This next book is rather work oriented: Fraud Analytics using descriptive, predictive and social network techniques: A guide to data science for fraud detection by Bart Baesens, Veronique van Vlasselaer and Wouter Verbeke.
Fraud analytics starts with an introductory chapter on the scale of the fraud problem, and some examples of types of fraud. It also provides an overview of the chapters that are to come. In the UK fraud losses stand at about £73 billion per annum, typically fraud losses are anything up to 5%. There are many types of fraud: credit card fraud, insurance fraud, healthcare fraud, click fraud, identity theft and so forth.
There then follows a chapter on data preparation, sampling and preprocessing. This includes some domain related elements such as the importance of the so-called RFM attributes: Recency, Frequency, and Monetary which are the core variables for financial transactions. Also covered are missing values and data quality which are more general issues in statistics.

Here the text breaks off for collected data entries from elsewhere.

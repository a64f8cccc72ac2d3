-- ===== src/Observe/WrapClient/Trace.antt =====
-- The events of one call of a wrapped client.
use bare_network_inspect.Base.{
  ℕ, suc, ◌+◌, ◌≡◌, ◌≢◌, refl, ap, arith, Bool, true, false, Option, none, some, inl, inr, List, [],
  ◌∷◌, ◌++◌, ltb, JsString, All, All-append, Bool-cases,
}
use bare_network_inspect.Observe.WrapClient.{
  ClientEvent, EventKind, request_start, request_end, stream_open, stream_data, Status,
  status_error, status_closed, Result, threw, promise, stream, plain, Phase, pending, streaming,
  finished, Later, resolved, rejected, item, failed, ended_stream, closed_stream, Site, end_ok,
  end_error, end_stream, monitor_stream, after_call, start_event, settle, on_later, run_later,
  call_trace,
}

abbrev pub ends_by : EventKind → ℕ
ends_by request_start = 0
ends_by request_end = 1
ends_by stream_open = 0
ends_by stream_data = 0

-- The number of `request.end` events.
abbrev pub ends : {V : Type 0} → List (ClientEvent V) → ℕ
ends [] = 0
ends (e ∷ es) = ends_by e.kind + ends es

-- How many ends a phase has behind it.
abbrev settled : Phase → ℕ
settled pending = 0
settled (streaming n true listeners) = 1
settled (streaming n false listeners) = 0
settled finished = 1

-- Whether a promise is resolved or rejected by what happens.
abbrev pub promise_settles : {V : Type 0} → List (Later V) → ℕ
promise_settles [] = 0
promise_settles (resolved v ∷ ls) = 1
promise_settles (rejected err ∷ ls) = 1
promise_settles (l ∷ ls) = promise_settles ls

-- Whether a stream fails, ends or closes by what happens.
abbrev pub stream_settles : {V : Type 0} → List (Later V) → ℕ
stream_settles [] = 0
stream_settles (failed err ∷ ls) = 1
stream_settles (ended_stream ∷ ls) = 1
stream_settles (closed_stream ∷ ls) = 1
stream_settles (l ∷ ls) = stream_settles ls

-- Whether a call is over: it threw or returned a value that nobody waits for, or its promise or its
-- monitored stream is.
abbrev pub is_over : {V : Type 0} → (monitor : Bool) → Result V → List (Later V) → ℕ
is_over monitor (threw err) ls = 1
is_over monitor promise ls = promise_settles ls
is_over true (stream v attached) ls = stream_settles ls
is_over false (stream v attached) ls = 1
is_over monitor (plain v) ls = 1

-- A result whose stream, if it is one, takes all four listeners.
abbrev pub Attaches : {V : Type 0} → Result V → Type 0
Attaches {V = V} r = (v : V) (n : ℕ) (err : JsString) → r ≢ stream v (some (n, err))

module _ {V : Type 0} (preview : V → V) where
  ends-append : (xs ys : List (ClientEvent V)) → ends (xs ++ ys) ≡ ends xs + ends ys
  ends-append [] ys = omega arith
  ends-append (x ∷ xs) ys = omega (arith, ends-append xs ys)

  ends-settle :
      (site : Site) (n : ℕ) (ended : Bool) (listeners number : ℕ) (how : Status)
      (err : Option JsString)
      → let out = settle preview site n ended listeners number how err in
        ends out.0 + settled (streaming n ended listeners) ≡ settled out.1
  unfolding settle end_stream
  ends-settle site n ended listeners number how err = ground arith

  ends-on_later :
      (site : Site) (phase : Phase) (l : Later V)
      → let out = on_later preview site phase l in ends out.0 + settled phase ≡ settled out.1
  unfolding on_later end_ok end_error
  ends-on_later site pending l = ground arith
  ends-on_later site finished l = ground arith
  ends-on_later site (streaming n ended k) (failed err) =
      ends-settle site n ended k 1 status_error (some err)
  ends-on_later site (streaming n ended k) ended_stream =
      ends-settle site n ended k 2 status_closed none
  ends-on_later site (streaming n ended k) closed_stream =
      ends-settle site n ended k 3 status_closed none
  ends-on_later site (streaming n ended k) (item v) = ground arith
  ends-on_later site (streaming n ended k) (resolved v) = ground arith
  ends-on_later site (streaming n ended k) (rejected err) = ground arith

  ends-run_later :
      (site : Site) (phase : Phase) (ls : List (Later V))
      → let out = run_later preview site phase ls in ends out.0 + settled phase ≡ settled out.1
  unfolding run_later
  ends-run_later site phase [] = omega arith
  ends-run_later site phase (l ∷ ls) =
      let out = on_later preview site phase l in
      let rest = run_later preview site out.1 ls in
      omega
        (arith, ends-append out.0 rest.0, ends-on_later site phase l, ends-run_later site out.1 ls)

  ends-after_call :
      (monitor : Bool) (site : Site) (result : Result V)
      → Attaches result
      → let out = after_call preview monitor site result in ends out.0 ≡ settled out.1
  unfolding after_call monitor_stream end_ok end_error
  ends-after_call monitor site (threw err) h = refl
  ends-after_call monitor site promise h = refl
  ends-after_call true site (stream v none) h = refl
  ends-after_call true site (stream v (some (n, err))) h = absurd (h v n err refl)
  ends-after_call false site (stream v attached) h = refl
  ends-after_call monitor site (plain v) h = refl

  run_later-finished :
      (site : Site) (ls : List (Later V)) → (run_later preview site finished ls).1 ≡ finished
  unfolding run_later on_later
  run_later-finished site [] = refl
  run_later-finished site (l ∷ ls) = run_later-finished site ls

  settled-promise :
      (site : Site) (ls : List (Later V))
      → settled (run_later preview site pending ls).1 ≡ promise_settles ls
  unfolding run_later on_later
  settled-promise site [] = refl
  settled-promise site (resolved v ∷ ls) = ap settled (run_later-finished site ls)
  settled-promise site (rejected err ∷ ls) = ap settled (run_later-finished site ls)
  settled-promise site (item v ∷ ls) = settled-promise site ls
  settled-promise site (failed err ∷ ls) = settled-promise site ls
  settled-promise site (ended_stream ∷ ls) = settled-promise site ls
  settled-promise site (closed_stream ∷ ls) = settled-promise site ls

  settled-ended :
      (site : Site) (n : ℕ) (ls : List (Later V))
      → settled (run_later preview site (streaming n true 4) ls).1 ≡ 1
  unfolding run_later on_later settle
  settled-ended site n [] = refl
  settled-ended site n (item v ∷ ls) = settled-ended site (suc n) ls
  settled-ended site n (resolved v ∷ ls) = settled-ended site n ls
  settled-ended site n (rejected err ∷ ls) = settled-ended site n ls
  settled-ended site n (failed err ∷ ls) = settled-ended site n ls
  settled-ended site n (ended_stream ∷ ls) = settled-ended site n ls
  settled-ended site n (closed_stream ∷ ls) = settled-ended site n ls

  settled-stream :
      (site : Site) (n : ℕ) (ls : List (Later V))
      → settled (run_later preview site (streaming n false 4) ls).1 ≡ stream_settles ls
  unfolding run_later on_later settle
  settled-stream site n [] = refl
  settled-stream site n (item v ∷ ls) = settled-stream site (suc n) ls
  settled-stream site n (resolved v ∷ ls) = settled-stream site n ls
  settled-stream site n (rejected err ∷ ls) = settled-stream site n ls
  settled-stream site n (failed err ∷ ls) = settled-ended site n ls
  settled-stream site n (ended_stream ∷ ls) = settled-ended site n ls
  settled-stream site n (closed_stream ∷ ls) = settled-ended site n ls

  settled-is_over :
      (monitor : Bool) (site : Site) (result : Result V) (ls : List (Later V))
      → Attaches result
      → settled (run_later preview site (after_call preview monitor site result).1 ls).1
        ≡ is_over monitor result ls
  unfolding after_call monitor_stream
  settled-is_over monitor site (threw err) ls h = ap settled (run_later-finished site ls)
  settled-is_over monitor site promise ls h = settled-promise site ls
  settled-is_over true site (stream v none) ls h = settled-stream site 0 ls
  settled-is_over true site (stream v (some (n, err))) ls h = absurd (h v n err refl)
  settled-is_over false site (stream v attached) ls h = ap settled (run_later-finished site ls)
  settled-is_over monitor site (plain v) ls h = ap settled (run_later-finished site ls)

  -- The events of a call, whose stream, if it returns one, takes the four listeners, have one
  -- `request.end` if the function threw or returned a plain value or a stream that is not
  -- monitored, if its promise was resolved or rejected, or if its monitored stream failed, ended
  -- or closed, in however many of those ways; and none otherwise.
  pub ends-call_trace :
      (monitor : Bool) (site : Site) (args : V) (result : Result V) (ls : List (Later V))
      → Attaches result
      → ends (call_trace preview monitor site args result ls).0 ≡ is_over monitor result ls
  unfolding call_trace start_event
  ends-call_trace monitor site args result ls h =
      let after = after_call preview monitor site result in
      let rest = run_later preview site after.1 ls in
      omega (
        arith,
        ends-append after.0 rest.0,
        ends-after_call monitor site result h,
        ends-run_later site after.1 ls,
        settled-is_over monitor site result ls h,
      )

  -- An event with the ids, the method and the tag of its call.
  abbrev pub IsOf : Site → ClientEvent V → Type 0
  IsOf site e = (e.corr_id ≡ site.corr_id) × (e.method ≡ site.endpoint) × (e.tag ≡ site.tag)

  IsOf-settle :
      (site : Site) (n : ℕ) (ended : Bool) (listeners number : ℕ) (how : Status)
      (err : Option JsString)
      → All (IsOf site) (settle preview site n ended listeners number how err).0
  unfolding settle end_stream
  IsOf-settle site n ended listeners number how err = elim (Bool-cases (ltb number listeners)) [
    | inr e ↦ rw e tt
    | inl e ↦ elim (Bool-cases ended) [
      | inl g ↦ rw (e, g) tt
      | inr g ↦ rw (e, g) ((refl, refl, refl), tt)
    ]
  ]

  IsOf-on_later :
      (site : Site) (phase : Phase) (l : Later V)
      → All (IsOf site) (on_later preview site phase l).0
  unfolding on_later end_ok end_error
  IsOf-on_later site pending (resolved v) = ((refl, refl, refl), tt)
  IsOf-on_later site pending (rejected err) = ((refl, refl, refl), tt)
  IsOf-on_later site (streaming n ended k) (failed err) =
      IsOf-settle site n ended k 1 status_error (some err)
  IsOf-on_later site (streaming n ended k) ended_stream =
      IsOf-settle site n ended k 2 status_closed none
  IsOf-on_later site (streaming n ended k) closed_stream =
      IsOf-settle site n ended k 3 status_closed none
  IsOf-on_later site (streaming n ended k) (item v) = elim (Bool-cases (ltb 0 k)) [
    | inl e ↦ rw e ((refl, refl, refl), tt)
    | inr e ↦ rw e tt
  ]
  IsOf-on_later site (streaming n ended k) (resolved v) = tt
  IsOf-on_later site (streaming n ended k) (rejected err) = tt
  IsOf-on_later site pending (item v) = tt
  IsOf-on_later site pending (failed err) = tt
  IsOf-on_later site pending ended_stream = tt
  IsOf-on_later site pending closed_stream = tt
  IsOf-on_later site finished l = tt

  IsOf-run_later :
      (site : Site) (phase : Phase) (ls : List (Later V))
      → All (IsOf site) (run_later preview site phase ls).0
  unfolding run_later
  IsOf-run_later site phase [] = tt
  IsOf-run_later site phase (l ∷ ls) =
      let out = on_later preview site phase l in
      All-append (IsOf site) out.0 (run_later preview site out.1 ls).0 (IsOf-on_later site phase l)
        (IsOf-run_later site out.1 ls)

  IsOf-after_call :
      (monitor : Bool) (site : Site) (result : Result V)
      → All (IsOf site) (after_call preview monitor site result).0
  unfolding after_call monitor_stream end_ok end_error
  IsOf-after_call monitor site (threw err) = ((refl, refl, refl), tt)
  IsOf-after_call monitor site promise = tt
  IsOf-after_call true site (stream v none) = ((refl, refl, refl), tt)
  IsOf-after_call true site (stream v (some (n, err))) =
      ((refl, refl, refl), ((refl, refl, refl), tt))
  IsOf-after_call false site (stream v attached) = ((refl, refl, refl), tt)
  IsOf-after_call monitor site (plain v) = ((refl, refl, refl), tt)

  -- Every event of a call has the id, the method and the tag of the call.
  pub IsOf-call_trace :
      (monitor : Bool) (site : Site) (args : V) (result : Result V) (ls : List (Later V))
      → All (IsOf site) (call_trace preview monitor site args result ls).0
  unfolding call_trace start_event
  IsOf-call_trace monitor site args result ls =
      let after = after_call preview monitor site result in
      (
        (refl, refl, refl),
        All-append (IsOf site) after.0 (run_later preview site after.1 ls).0
            (IsOf-after_call monitor site result) (IsOf-run_later site after.1 ls),
      )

The core of the book is three long chapters on descriptive statistics, predictive analysis and social networks.
Descriptive statistics concerns classical statistical techniques such as the detection of outliers using the z-score (the normalised standard deviation), through the clustering techniques such as k-means or related techniques. These clustering techniques fall into the category of unsupervised machine learning. The idea here is that fraudulent transactions are different to non-fraudulent ones, this may be a temporal separation (i.e. a change in customer behaviour may indicate that their account has been compromised and used nefariously) or it might be a snapshot across a population where fraudulent actors have different behaviour than non-fraudulent ones. Clustering techniques and outlier detection seek to identify these “different” transactions, usually for further investigation – that’s to say automated methods are used as a support for human investigators not a replacement. This means that ranking transactions for potential fraud is key. Obviously fraudsters are continually adapting their behaviour to avoid standing out, and so fraud analytics is an arms-race.
Predictive analysis is more along the lines of regression, classification and machine learning. The idea here is to develop rules for detecting fraud from training sets containing example transactions which are known to be fraudulent or not-fraudulent.Whilst not providing an in depth implementation guide Fraud Analytics gives a very good survey of the area. It discusses different machine learning algorithms, including their strengths and weaknesses particularly with regard to model “understandability”. Also covered are a wide range of model evaluation methods, and the importance of an appropriate training set. A particular issue here is that fraud is relatively uncommon so care needs to be taken in sampling training sets such that algorithms have a chance to identify fraud. These are perennial issues in machine learning and it is good to see them summarised here.
The chapter on social networks clearly presents an active area of research in fraud analytics. It is worth highlighting here that the term “social” is meant very broadly, it is only marginally about social networks like Twitter and Facebook. It is much more about networks of entities such as the claimant, the loss adjustor, the law enforcement official and the garage carrying out repairs. Also relevant are networks of companies, and their directors set up to commit corporate frauds. Network (aka graph) theory is the appropriate, efficient way to handle such systems. In this chapter, network analytic ideas such as “inbetweeness” and “centrality” are combined with machine learning involving non-network features.
The book finishes with chapters on fraud analytics in operation, and a wider view. How do you use these models in production? When do you update them? How do you update them? The wider view includes some discussion of data anonymisation prior to handing it over to data scientists. This is an important area, data protection regulations across the EU are tightening up, breaches of personal data can have serious consequences for those companies involved. Anonymisation may also provide some protection against producing biased models i.e those that discriminate unfairly against people on the basis of race, gender and economic circumstances. Although this area should attract more active concern.
A topic not covered but mentioned a couple of times is natural language processing, for example analysing the text of claims against insurance policies.
It is best to think of this book as a guide to various topics in statistics and data science as applied to the analysis of fraud. The coverage is more in the line of an overview, rather than an in depth implementation guide. It is pitched at the level of the practitioner rather than the non-expert manager. Aside from some comments at the end on label-based security access control (relating to SQL) and some screenshots from SAS products it is technology agnostic.
Occasionally the English in this book slips from being fully idiomatic, it is still fully comprehensible – it simply reads a little oddly. Not a fun read but an essentially starter if you’re interested in fraud and data science.